REQUIRED ACTION>
Wherever "length" turns up in a line of the entries below, that line counts. Say how many such lines there are, with no other words.

Saved data entries
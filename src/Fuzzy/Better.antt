-- ===== src/Fuzzy/Better.antt =====
-- cmd/seekfs/fuzzy.go: what `fuzzyNameDistance` makes of a window.
use seekfs.Common.{
  ℕ, zero, suc, ◌+◌, ◌≤◌, ◌≡◌, ◌⊎◌, refl, sym, ap, subst, ◌∙◌, Bool-cases, ◌&&◌, inl, inr, List, [],
  ◌∷◌, ◌++◌, length, take, drop, ltb, leb, ◌==◌, if◌then◌else◌, Infix, arith,
}
use seekfs.Fuzzy.Distance.{damerau_levenshtein_bounded}
use seekfs.Fuzzy.Alignment.{osa_distance}
use seekfs.Fuzzy.Rows.{capped}
use seekfs.Fuzzy.Bounded.{damerau_levenshtein_bounded-osa}
use seekfs.Fuzzy.Window.{Best, window, consider}

take_front : (xs ys : List ℕ) → take (length xs) (xs ++ ys) ≡ xs
take_front [] ys = refl
take_front (x ∷ xs) ys = ap (λ zs. x ∷ zs) (take_front xs ys)

drop_front : (xs ys : List ℕ) → drop (length xs) (xs ++ ys) ≡ ys
drop_front [] ys = refl
drop_front (x ∷ xs) ys = drop_front xs ys

pub window_of : (name w : List ℕ) (i : Infix w name) → window name (length i.0) (length w) ≡ w
window_of name w (pre, post, e) =
    ap (λ z. take (length w) (drop (length pre) z)) e
    ∙ ap (take (length w)) (drop_front pre (w ++ post))
    ∙ take_front w post

take-drop : (n : ℕ) (xs : List ℕ) → xs ≡ take n xs ++ drop n xs
take-drop zero xs = refl
take-drop (suc n) [] = refl
take-drop (suc n) (x ∷ xs) = ap (λ zs. x ∷ zs) (take-drop n xs)

window-Infix : (name : List ℕ) (start width : ℕ) → Infix (window name start width) name
window-Infix name start width =
    let behind = drop start name in
    (
      take start name,
      drop width behind,
      take-drop start name ∙ ap (λ z. take start name ++ z) (take-drop width behind),
    )

consider_distance :
    (best : Best) (start d : ℕ)
    → (consider best start d).distance ≡ (if ltb d best.distance then d else best.distance)
unfolding consider
consider_distance best start d = elim (Bool-cases (ltb d best.distance)) [
  | inl y ↦ rw y refl
  | inr n ↦ elim (Bool-cases ((d == best.distance) && ltb start best.start)) [
    | inl y ↦ rw (n, y) refl
    | inr o ↦ elim (Bool-cases ((d == best.distance) && (start == 0))) [
      | inl y ↦ rw (n, o, y) refl
      | inr p ↦ rw (n, o, p) refl
    ]
  ]
]

module _ (name term : List ℕ) (tau : ℕ) where
  -- The distance is none yet, or a window's.
  unfoldable pub Attained : ℕ → Type 0
  Attained d = (d ≡ suc tau) ⊎ ((w : List ℕ) × Infix w name × (osa_distance w term ≡ d) × (d ≤ tau))

  -- What a round or more makes of the best distance.
  pub record Better (before after : Best) : Type 0 where
    pub attained : Attained before.distance → Attained after.distance
    pub least : after.distance ≤ before.distance

  abbrev pub price : ℕ → ℕ → ℕ
  price start width = capped tau (osa_distance (window name start width) term)

  pub consider-Better :
      (best : Best) (start width : ℕ)
      → let next =
          consider best start (damerau_levenshtein_bounded (window name start width) term tau) in
        Better best next × (next.distance ≤ price start width)
  unfolding Attained
  consider-Better best start width =
      let w = window name start width in
      let d = osa_distance w term in
      let found = damerau_levenshtein_bounded w term tau in
      let value : found ≡ capped tau d = damerau_levenshtein_bounded-osa w term tau in
      let result = consider_distance best start found in
      let next = (consider best start found).distance in
      elim (Bool-cases (ltb found best.distance)) [
        | inl y ↦
            let at : next ≡ found = result ∙ rw y refl in
            (
              record {
                attained = λ a. elim (Bool-cases (leb d tau)) [
                  | inl close ↦
                      let same : next ≡ d = at ∙ value ∙ rw close refl in
                      inr (w, window-Infix name start width, sym same, ground (arith, close, same))
                  | inr far ↦
                      let cut : next ≡ tau + 1 = at ∙ value ∙ rw far refl in
                      inl (omega (arith, cut))
                ];
                least = ground (arith, at, y);
              },
              omega (arith, at, value),
            )
        | inr n ↦
            let at : next ≡ best.distance = result ∙ rw n refl in
            (
              record { attained = λ a. subst Attained (sym at) a; least = omega (arith, at) },
              ground (arith, at, n, value),
            )
      ]

  pub Better-refl : (best : Best) → Better best best
  Better-refl best = record { attained = λ a. a; least = omega arith }

  pub Better-trans : (x y z : Best) → Better x y → Better y z → Better x z
  Better-trans x y z p q = record {
    attained = λ a. q.attained (p.attained a);
    least = omega (arith, p.least, q.least);
  }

TASK OUTPUT>
6